The response should consist of every record, reproduced exactly.

── Task inputs

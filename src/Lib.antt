-- ===== src/Lib.antt =====
-- learn-note: the network library, the timer, the memory pools and the pool of database connections
-- among the C++ projects of these notes, and those of the smaller programs that keep a state or compute
-- something.
--
-- cpp_learning_projects/muduo-mgkl is a reactor. A `Buffer` holds the bytes of one direction of a
-- connection; a `Channel` is a descriptor with the events that it waits for; an `EPollPoller` tells the
-- kernel of its channels and hands back the active ones; an `EventLoop` runs the callbacks of the
-- active channels, then the functors that other threads queued; a `TcpConnection` moves bytes between
-- the kernel and its buffers; an `Acceptor` takes new connections; a `TcpServer` names them and spreads
-- them over an `EventLoopThreadPool`. Muduo/Buffer.antt models include/Buffer.hpp and src/Buffer.cpp,
-- Muduo/Channel.antt and Muduo/Poller.antt the classes of those names, Muduo/EventLoop.antt the loop,
-- Muduo/TcpConnection.antt the connection, Muduo/ThreadPool.antt, Muduo/Acceptor.antt and
-- Muduo/Server.antt the server's side, and Muduo/LoopThread.antt the thread of a loop
-- (src/EventLoopThread.cpp, src/Thread.cpp). Functions keep their names, in this spelling: `sendInLoop`
-- is `send_in_loop`, `connectDestroted` is `connect_destroyed`, and the `enableReading` family of a
-- channel with the `update()` behind it is `Poller.change`.
--
-- How state is modelled: a class is a record, an operation a function from the record to the next; a
-- pointer is a number, and channels live in a store, since poller, connection and acceptor share them.
-- What a system call answers is an argument of the operation that makes the call (`Syscall`: a result
-- or an `errno`). A `size_t` is a number with its wrap-around at 2^64 written out; theorems on buffers
-- ask that sizes stay below the limit of a vector, 2^63 - 1. What users' callbacks do is not modelled:
-- that they are called is recorded. The functors of a loop are of any type, and what they queue is an
-- argument. Interleavings of the threads of a loop are the steps of Muduo/EventLoop/Turns.antt: an
-- access to the queue under the mutex is one step, and the wake-up after its release another.
-- Muduo/TcpConnection/Life.antt lets the loop, the server and the user of a connection take steps, and
-- Muduo/Server/Lifecycle.antt a server and the loops that run its jobs. The loops of this library run
-- over lists, without fuel.
--
-- cpp_learning_projects/Timer-mgkl is a timer: Timer.antt models include/timer.h, a queue of tasks by
-- time, with include/hash_map.h, the ids that are not cancelled. A read of the clock and the contents
-- of a field that is left unset are arguments. The line of the source that would post a callback is
-- commented out, so that none runs; a turn ends at the unlock before it.
--
-- cpp_learning_projects/memory-mgkl has two memory pools. Memory/SlotPool.antt models
-- src/MemoryPool.cpp: blocks of equal slots, with a free list. Memory/SizeClass.antt
-- (include/Common.hpp), Memory/PageCache.antt, Memory/CentralCache.antt and Memory/ThreadCache.antt
-- (the sources of those names) model the other: spans of pages come from `mmap` and are split and
-- joined; each thread has free lists by size, filled from the central ones, which cut spans of pages
-- into blocks. The memory is a function from addresses to the words there, and Memory/Chain.antt says
-- what a chain of blocks is. Two loops run on fuel: a list that a thread fetches is counted up to 4096
-- blocks, as many as a span of 8 pages can hold, and a span is looked for in a list over as many steps
-- as spans were made. What `mmap`, `operator new` and `malloc` give is an argument, and so is, for the
-- central cache, what the page cache gives.
--
-- cpp_learning_projects/DBCP-mgkl is a pool of database connections. Dbcp.antt models
-- src/ConnectionPool.cpp, each operation as what it does under the mutex, and Dbcp/System.antt lets
-- users, producer, scanner and the closing thread take turns. A connection is known by the number under
-- which it was made; reads of the clock are arguments. The scanner runs any number of rounds.
--
-- CppConcurrencyProgramming: Concurrency/Workers.antt models ThreadPool.cpp, its queue of tasks and its
-- threads, with their turns as steps; the owner submits nothing once it destroys the pool. A wait on a
-- condition variable is a turn that can be taken once the condition holds, which every change of it is
-- notified of.
--
-- misc/my_shared_ptr.cpp: SharedPtr.antt models the class of that name as a heap of counters with
-- handles; an `unsigned int` wraps around at 2^32.
--
-- Algorithm: Algorithm/Sort.antt models Sort.cpp, Algorithm/Cycle.antt, Algorithm/Merge.antt and
-- Algorithm/TwoPointers.antt the cycles, `mergeRecursive` and `findFromEnd`, and the functions with an
-- index from each side of LinkedList.cpp, and Algorithm/Subset.antt the first `canPartition` of
-- DynamicProgramming.cpp. Algorithm/Dijkstra.antt models `dijkstra` of graphy.cpp, whose sums are
-- numbers with a mark of those that leave `int`, and Algorithm/Courses.antt its `findOrder`, with the
-- first `canFinish` in Algorithm/Courses/Finish.antt; their `traverse` runs on fuel, of which one more
-- than there are courses is enough. Algorithm/Circuit.antt models `canCompleteCircuit` of greedy.cpp,
-- where a difference is a pair, with a mark of one that leaves `int`; `canPartition` has no answer
-- where the sum leaves `int`. An `int` that is only compared, or added and compared, stands as its
-- distance from the least one; overflow of an `int` is not modelled elsewhere. Loops on an array run on
-- as much fuel as it has values, which the proofs show to be enough; those on a linked list on any fuel
-- from a bound on that its shape gives.
--
-- cpp_learning_projects/30dayMakeCppServer, day12: EchoServer/Echo.antt models the bytes of a
-- connection of the echo server (src/Connection.cpp, src/Buffer.cpp) and of its client (client.cpp).
-- The answers of `::read` and `::write` are lists, so that the loops need no fuel; a list that ends is
-- a call that still waits. The copy of the message that `send` makes runs over its array by a byte,
-- which is counted; what that byte overwrites is not modelled.
--
-- Not modelled: sockets, addresses, time stamps and the logger of muduo-mgkl, which wrap system calls;
-- the configuration and the MySQL client of DBCP-mgkl, and json.hpp, a copy of a library; the other
-- functions of Algorithm, of which some do not compile; `SafeSharedPtr`, which does not either; the
-- bank transfers of CppConcurrencyProgramming, whose amounts are of type double; the small programs in
-- BoostLearn, CppConcurrencyProgramming and misc that try out a library or a feature and keep no state;
-- and the rest of 30dayMakeCppServer, versions of a reactor that muduo-mgkl has in full.
--
-- Prelude.antt and its children pass on the names of the standard library and hold what the parts
-- share: Boolean tests, lists by index, how often a number occurs, arrays and machine words.
pub mod Prelude
pub mod Algorithm
pub mod Concurrency
pub mod Dbcp
pub mod EchoServer
pub mod Memory
pub mod Muduo
pub mod SharedPtr
pub mod Timer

────

_Response area:_
filename src/Lib.antt
-- ===== src/Lib.antt =====
-- learn-note: the network library, the timer, the memory pools and the pool of database connections
-- among the C++ projects of these notes, and those of the smaller programs that keep a state or compute
-- something.
--
-- cpp_learning_projects/muduo-mgkl is a reactor. A `Buffer` holds the bytes of one direction of a
-- connection; a `Channel` is a descriptor with the events that it waits for; an `EPollPoller` tells the
-- kernel of its channels and hands back the active ones; an `EventLoop` runs the callbacks of the
-- active channels, then the functors that other threads queued; a `TcpConnection` moves bytes between
-- the kernel and its buffers; an `Acceptor` takes new connections; a `TcpServer` names them and spreads
-- them over an `EventLoopThreadPool`. Muduo/Buffer.antt models include/Buffer.hpp and src/Buffer.cpp,
-- Muduo/Channel.antt and Muduo/Poller.antt the classes of those names, Muduo/EventLoop.antt the loop,
-- Muduo/TcpConnection.antt the connection, Muduo/ThreadPool.antt, Muduo/Acceptor.antt and
-- Muduo/Server.antt the server's side, and Muduo/LoopThread.antt the thread of a loop
-- (src/EventLoopThread.cpp, src/Thread.cpp). Functions keep their names, in this spelling: `sendInLoop`
-- is `send_in_loop`, `connectDestroted` is `connect_destroyed`, and the `enableReading` family of a
-- channel with the `update()` behind it is `Poller.change`.
--
-- How state is modelled: a class is a record, an operation a function from the record to the next; a
-- pointer is a number, and channels live in a store, since poller, connection and acceptor share them.
-- What a system call answers is an argument of the operation that makes the call (`Syscall`: a result
-- or an `errno`). A `size_t` is a number with its wrap-around at 2^64 written out; theorems on buffers
-- ask that sizes stay below the limit of a vector, 2^63 - 1. What users' callbacks do is not modelled:
-- that they are called is recorded. The functors of a loop are of any type, and what they queue is an
-- argument. Interleavings of the threads of a loop are the steps of Muduo/EventLoop/Turns.antt: an
-- access to the queue under the mutex is one step, and the wake-up after its release another.
-- Muduo/TcpConnection/Life.antt lets the loop, the server and the user of a connection take steps, and
-- Muduo/Server/Lifecycle.antt a server and the loops that run its jobs. The loops of this library run
-- over lists, without fuel.
--
-- cpp_learning_projects/Timer-mgkl is a timer: Timer.antt models include/timer.h, a queue of tasks by
-- time, with include/hash_map.h, the ids that are not cancelled. A read of the clock and the contents
-- of a field that is left unset are arguments. The line of the source that would post a callback is
-- commented out, so that none runs; a turn ends at the unlock before it.
--
-- cpp_learning_projects/memory-mgkl has two memory pools. Memory/SlotPool.antt models
-- src/MemoryPool.cpp: blocks of equal slots, with a free list. Memory/SizeClass.antt
-- (include/Common.hpp), Memory/PageCache.antt, Memory/CentralCache.antt and Memory/ThreadCache.antt
-- (the sources of those names) model the other: spans of pages come from `mmap` and are split and
-- joined; each thread has free lists by size, filled from the central ones, which cut spans of pages
-- into blocks. The memory is a function from addresses to the words there, and Memory/Chain.antt says
-- what a chain of blocks is. Two loops run on fuel: a list that a thread fetches is counted up to 4096
-- blocks, as many as a span of 8 pages can hold, and a span is looked for in a list over as many steps
-- as spans were made. What `mmap`, `operator new` and `malloc` give is an argument, and so is, for the
-- central cache, what the page cache gives.
--
-- cpp_learning_projects/DBCP-mgkl is a pool of database connections. Dbcp.antt models
-- src/ConnectionPool.cpp, each operation as what it does under the mutex, and Dbcp/System.antt lets
-- users, producer, scanner and the closing thread take turns. A connection is known by the number under
-- which it was made; reads of the clock are arguments. The scanner runs any number of rounds.
--
-- CppConcurrencyProgramming: Concurrency/Workers.antt models ThreadPool.cpp, its queue of tasks and its
-- threads, with their turns as steps; the owner submits nothing once it destroys the pool. A wait on a
-- condition variable is a turn that can be taken once the condition holds, which every change of it is
-- notified of.
--
-- misc/my_shared_ptr.cpp: SharedPtr.antt models the class of that name as a heap of counters with
-- handles; an `unsigned int` wraps around at 2^32.
--
-- Algorithm: Algorithm/Sort.antt models Sort.cpp, Algorithm/Cycle.antt, Algorithm/Merge.antt and
-- Algorithm/TwoPointers.antt the cycles, `mergeRecursive` and `findFromEnd`, and the functions with an
-- index from each side of LinkedList.cpp, and Algorithm/Subset.antt the first `canPartition` of
-- DynamicProgramming.cpp. Algorithm/Dijkstra.antt models `dijkstra` of graphy.cpp, whose sums are
-- numbers with a mark of those that leave `int`, and Algorithm/Courses.antt its `findOrder`, with the
-- first `canFinish` in Algorithm/Courses/Finish.antt; their `traverse` runs on fuel, of which one more
-- than there are courses is enough. Algorithm/Circuit.antt models `canCompleteCircuit` of greedy.cpp,
-- where a difference is a pair, with a mark of one that leaves `int`; `canPartition` has no answer
-- where the sum leaves `int`. An `int` that is only compared, or added and compared, stands as its
-- distance from the least one; overflow of an `int` is not modelled elsewhere. Loops on an array run on
-- as much fuel as it has values, which the proofs show to be enough; those on a linked list on any fuel
-- from a bound on that its shape gives.
--
-- cpp_learning_projects/30dayMakeCppServer, day12: EchoServer/Echo.antt models the bytes of a
-- connection of the echo server (src/Connection.cpp, src/Buffer.cpp) and of its client (client.cpp).
-- The answers of `::read` and `::write` are lists, so that the loops need no fuel; a list that ends is
-- a call that still waits. The copy of the message that `send` makes runs over its array by a byte,
-- which is counted; what that byte overwrites is not modelled.
--
-- Not modelled: sockets, addresses, time stamps and the logger of muduo-mgkl, which wrap system calls;
-- the configuration and the MySQL client of DBCP-mgkl, and json.hpp, a copy of a library; the other
-- functions of Algorithm, of which some do not compile; `SafeSharedPtr`, which does not either; the
-- bank transfers of CppConcurrencyProgramming, whose amounts are of type double; the small programs in
-- BoostLearn, CppConcurrencyProgramming and misc that try out a library or a feature and keep no state;
-- and the rest of 30dayMakeCppServer, versions of a reactor that muduo-mgkl has in full.
--
-- Prelude.antt and its children pass on the names of the standard library and hold what the parts
-- share: Boolean tests, lists by index, how often a number occurs, arrays and machine words.
pub mod Prelude
pub mod Algorithm
pub mod Concurrency
pub mod Dbcp
pub mod EchoServer
pub mod Memory
pub mod Muduo
pub mod SharedPtr
pub mod Timer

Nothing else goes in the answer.